-- ===== src/L3Book/Dropping.antt =====
-- `unlink_node`, `free_node` and the erasure from the index of src/book/l3_book.cpp, in one equation.
use itchcpp.Prelude.{
  ℕ, ◌≡◌, refl, ap, subst, List, [], ◌∷◌, ◌++◌, Option, none, some, true, false, inl, inr,
  Bool-cases, ◌==◌, arith,
}
use itchcpp.L3Book.{
  Level, L3Book, nil, blank_node, node_at, lower_bound, sub64, pred32, side_levels, put_levels,
  find_level, level_of, settle_level, unlink_from, unlink_node, free_node, drop_node,
}
use itchcpp.L3Book.Interface.{Index, npos}
use itchcpp.L3Book.Vectors.{set}
use itchcpp.L3Book.Segments.{has}
use itchcpp.L3Book.Ladder.{lookup}
use itchcpp.L3Book.Places.{settled, Searched, Searched-lookup, find_in-Searched}
use itchcpp.L3Book.Unlinking.{unlinked}
use itchcpp.L3Book.WellFormed.{cells, Holds, Fits, Found, WellFormed}
use itchcpp.L3Book.AddKeeps.{levels-bound}

abbrev pub shrunk : Level → ℕ → Level
shrunk level n = record level {
  total_shares = sub64 level.total_shares n;
  order_count = pred32 level.order_count;
}

-- A queue around one of its nodes
pub record Around (i : ℕ) (queue : List ℕ) : Type 0 where
  pub front : List ℕ
  pub back : List ℕ
  pub whole : queue ≡ front ++ i ∷ back

pub has-Around : (i : ℕ) (queue : List ℕ) → has i queue ≡ true → Around i queue
has-Around i [] m = absurd (cc)
has-Around i (x ∷ xs) m = elim (Bool-cases (i == x)) [
  | inl same ↦ record { front = []; back = xs; whole = ap (λ (n : ℕ). n ∷ xs) (ground arith) }
  | inr other ↦
      let r : Around i xs = has-Around i xs (ground arith) in
      record { front = x ∷ r.front; back = r.back; whole = ap (λ (l : List ℕ). x ∷ l) r.whole }
]

module _ {T : Type 0} ⦃idx : Index T⦄ where
  abbrev pub shrunk_ladder : L3Book T → ℕ → Level → List Level
  shrunk_ladder b i level =
      settled (node_at b.pool i).side (node_at b.pool i).price
        (side_levels b (node_at b.pool i).side)
        (shrunk (unlinked b.pool i level).1 (node_at b.pool i).shares)

  abbrev pub dropped : L3Book T → ℕ → ℕ → Level → L3Book T
  dropped b i ref level = record (put_levels b (node_at b.pool i).side (shrunk_ladder b i level)) {
    pool = set (unlinked b.pool i level).0 i (record blank_node { next = b.free_head });
    free_head = i;
    index = idx.erase b.index ref;
  }

  -- The order `i` that the index gives for `ref`, in the queue of its level
  pub record Target (b : L3Book T) (w : WellFormed b) (i ref : ℕ) : Type 0 where
    pub known : idx.find b.index ref ≡ i
    pub valid : (i == npos) ≡ false
    pub named : (cells b i).reference_number ≡ ref
    pub level : Level
    pub is_level : lookup (cells b i).price (side_levels b (cells b i).side) ≡ some level
    pub describes : Holds (cells b) level (w.queues (cells b i).side (cells b i).price)
    pub around : Around i (w.queues (cells b i).side (cells b i).price)

  pub find-Target :
      (b : L3Book T) (w : WellFormed b) (ref : ℕ)
      → (idx.find b.index ref == npos) ≡ false
      → Target b w (idx.find b.index ref) ref
  find-Target b w ref valid =
      pick (lookup (cells b i).price (side_levels b (cells b i).side)) refl
        (w.fits (cells b i).side (cells b i).price)
    where
      i : ℕ
      i = idx.find b.index ref

      fo : Found (cells b) w.queues ref i
      fo = w.found ref valid

      pick :
          (o : Option Level)
          → lookup (cells b i).price (side_levels b (cells b i).side) ≡ o
          → Fits (cells b) o (w.queues (cells b i).side (cells b i).price)
          → Target b w i ref
      pick none e h = absurd (cc (subst (λ (l : List ℕ). has i l ≡ true) h fo.queued))
      pick (some level) e h = record {
        known = refl;
        valid = valid;
        named = fo.named;
        level = level;
        is_level = e;
        describes = h;
        around = has-Around i (w.queues (cells b i).side (cells b i).price) fo.queued;
      }

module _ {T : Type 0} ⦃idx : Index T⦄ (b : L3Book T) (w : WellFormed b) (i ref : ℕ)
    (t : Target b w i ref) where
  pub searched :
      Searched
        (cells b i).side
        (cells b i).price
        (side_levels b (cells b i).side)
        (w.sorted (cells b i).side)
        t.level
  searched =
      Searched-lookup (cells b i).side (cells b i).price (side_levels b (cells b i).side)
        (w.sorted (cells b i).side) t.level t.is_level

  pub find_level-Target :
      (find_level b (cells b i).side (cells b i).price
        ≡ lower_bound (cells b i).side (side_levels b (cells b i).side) (cells b i).price)
      × ((lower_bound (cells b i).side (side_levels b (cells b i).side) (cells b i).price == nil)
          ≡ false)
  unfolding find_level
  find_level-Target =
      find_in-Searched (cells b i).side (cells b i).price (side_levels b (cells b i).side)
        (w.sorted (cells b i).side) t.level
        (omega (arith, levels-bound b w (cells b i).side, w.room)) searched

  pub drop_node-dropped : drop_node b i ref ≡ dropped b i ref t.level
  unfolding drop_node unlink_node unlink_from free_node settle_level level_of side_levels
  drop_node-dropped = rw (find_level-Target.0, find_level-Target.1, searched.is_there)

┄┄┄┄┄┄

### EXERCISE DESCRIPTION:
Repeat the material exactly. Every line should match.

### OUTPUT:
-- ===== src/L3Book/Dropping.antt =====
-- `unlink_node`, `free_node` and the erasure from the index of src/book/l3_book.cpp, in one equation.
use itchcpp.Prelude.{
  ℕ, ◌≡◌, refl, ap, subst, List, [], ◌∷◌, ◌++◌, Option, none, some, true, false, inl, inr,
  Bool-cases, ◌==◌, arith,
}
use itchcpp.L3Book.{
  Level, L3Book, nil, blank_node, node_at, lower_bound, sub64, pred32, side_levels, put_levels,
  find_level, level_of, settle_level, unlink_from, unlink_node, free_node, drop_node,
}
use itchcpp.L3Book.Interface.{Index, npos}
use itchcpp.L3Book.Vectors.{set}
use itchcpp.L3Book.Segments.{has}
use itchcpp.L3Book.Ladder.{lookup}
use itchcpp.L3Book.Places.{settled, Searched, Searched-lookup, find_in-Searched}
use itchcpp.L3Book.Unlinking.{unlinked}
use itchcpp.L3Book.WellFormed.{cells, Holds, Fits, Found, WellFormed}
use itchcpp.L3Book.AddKeeps.{levels-bound}

abbrev pub shrunk : Level → ℕ → Level
shrunk level n = record level {
  total_shares = sub64 level.total_shares n;
  order_count = pred32 level.order_count;
}

-- A queue around one of its nodes
pub record Around (i : ℕ) (queue : List ℕ) : Type 0 where
  pub front : List ℕ
  pub back : List ℕ
  pub whole : queue ≡ front ++ i ∷ back

pub has-Around : (i : ℕ) (queue : List ℕ) → has i queue ≡ true → Around i queue
has-Around i [] m = absurd (cc)
has-Around i (x ∷ xs) m = elim (Bool-cases (i == x)) [
  | inl same ↦ record { front = []; back = xs; whole = ap (λ (n : ℕ). n ∷ xs) (ground arith) }
  | inr other ↦
      let r : Around i xs = has-Around i xs (ground arith) in
      record { front = x ∷ r.front; back = r.back; whole = ap (λ (l : List ℕ). x ∷ l) r.whole }
]

module _ {T : Type 0} ⦃idx : Index T⦄ where
  abbrev pub shrunk_ladder : L3Book T → ℕ → Level → List Level
  shrunk_ladder b i level =
      settled (node_at b.pool i).side (node_at b.pool i).price
        (side_levels b (node_at b.pool i).side)
        (shrunk (unlinked b.pool i level).1 (node_at b.pool i).shares)

  abbrev pub dropped : L3Book T → ℕ → ℕ → Level → L3Book T
  dropped b i ref level = record (put_levels b (node_at b.pool i).side (shrunk_ladder b i level)) {
    pool = set (unlinked b.pool i level).0 i (record blank_node { next = b.free_head });
    free_head = i;
    index = idx.erase b.index ref;
  }

  -- The order `i` that the index gives for `ref`, in the queue of its level
  pub record Target (b : L3Book T) (w : WellFormed b) (i ref : ℕ) : Type 0 where
    pub known : idx.find b.index ref ≡ i
    pub valid : (i == npos) ≡ false
    pub named : (cells b i).reference_number ≡ ref
    pub level : Level
    pub is_level : lookup (cells b i).price (side_levels b (cells b i).side) ≡ some level
    pub describes : Holds (cells b) level (w.queues (cells b i).side (cells b i).price)
    pub around : Around i (w.queues (cells b i).side (cells b i).price)

  pub find-Target :
      (b : L3Book T) (w : WellFormed b) (ref : ℕ)
      → (idx.find b.index ref == npos) ≡ false
      → Target b w (idx.find b.index ref) ref
  find-Target b w ref valid =
      pick (lookup (cells b i).price (side_levels b (cells b i).side)) refl
        (w.fits (cells b i).side (cells b i).price)
    where
      i : ℕ
      i = idx.find b.index ref

      fo : Found (cells b) w.queues ref i
      fo = w.found ref valid

      pick :
          (o : Option Level)
          → lookup (cells b i).price (side_levels b (cells b i).side) ≡ o
          → Fits (cells b) o (w.queues (cells b i).side (cells b i).price)
          → Target b w i ref
      pick none e h = absurd (cc (subst (λ (l : List ℕ). has i l ≡ true) h fo.queued))
      pick (some level) e h = record {
        known = refl;
        valid = valid;
        named = fo.named;
        level = level;
        is_level = e;
        describes = h;
        around = has-Around i (w.queues (cells b i).side (cells b i).price) fo.queued;
      }

module _ {T : Type 0} ⦃idx : Index T⦄ (b : L3Book T) (w : WellFormed b) (i ref : ℕ)
    (t : Target b w i ref) where
  pub searched :
      Searched
        (cells b i).side
        (cells b i).price
        (side_levels b (cells b i).side)
        (w.sorted (cells b i).side)
        t.level
  searched =
      Searched-lookup (cells b i).side (cells b i).price (side_levels b (cells b i).side)
        (w.sorted (cells b i).side) t.level t.is_level

  pub find_level-Target :
      (find_level b (cells b i).side (cells b i).price
        ≡ lower_bound (cells b i).side (side_levels b (cells b i).side) (cells b i).price)
      × ((lower_bound (cells b i).side (side_levels b (cells b i).side) (cells b i).price == nil)
          ≡ false)
  unfolding find_level
  find_level-Target =
      find_in-Searched (cells b i).side (cells b i).price (side_levels b (cells b i).side)
        (w.sorted (cells b i).side) t.level
        (omega (arith, levels-bound b w (cells b i).side, w.room)) searched

  pub drop_node-dropped : drop_node b i ref ≡ dropped b i ref t.level
  unfolding drop_node unlink_node unlink_from free_node settle_level level_of side_levels
  drop_node-dropped = rw (find_level-Target.0, find_level-Target.1, searched.is_there)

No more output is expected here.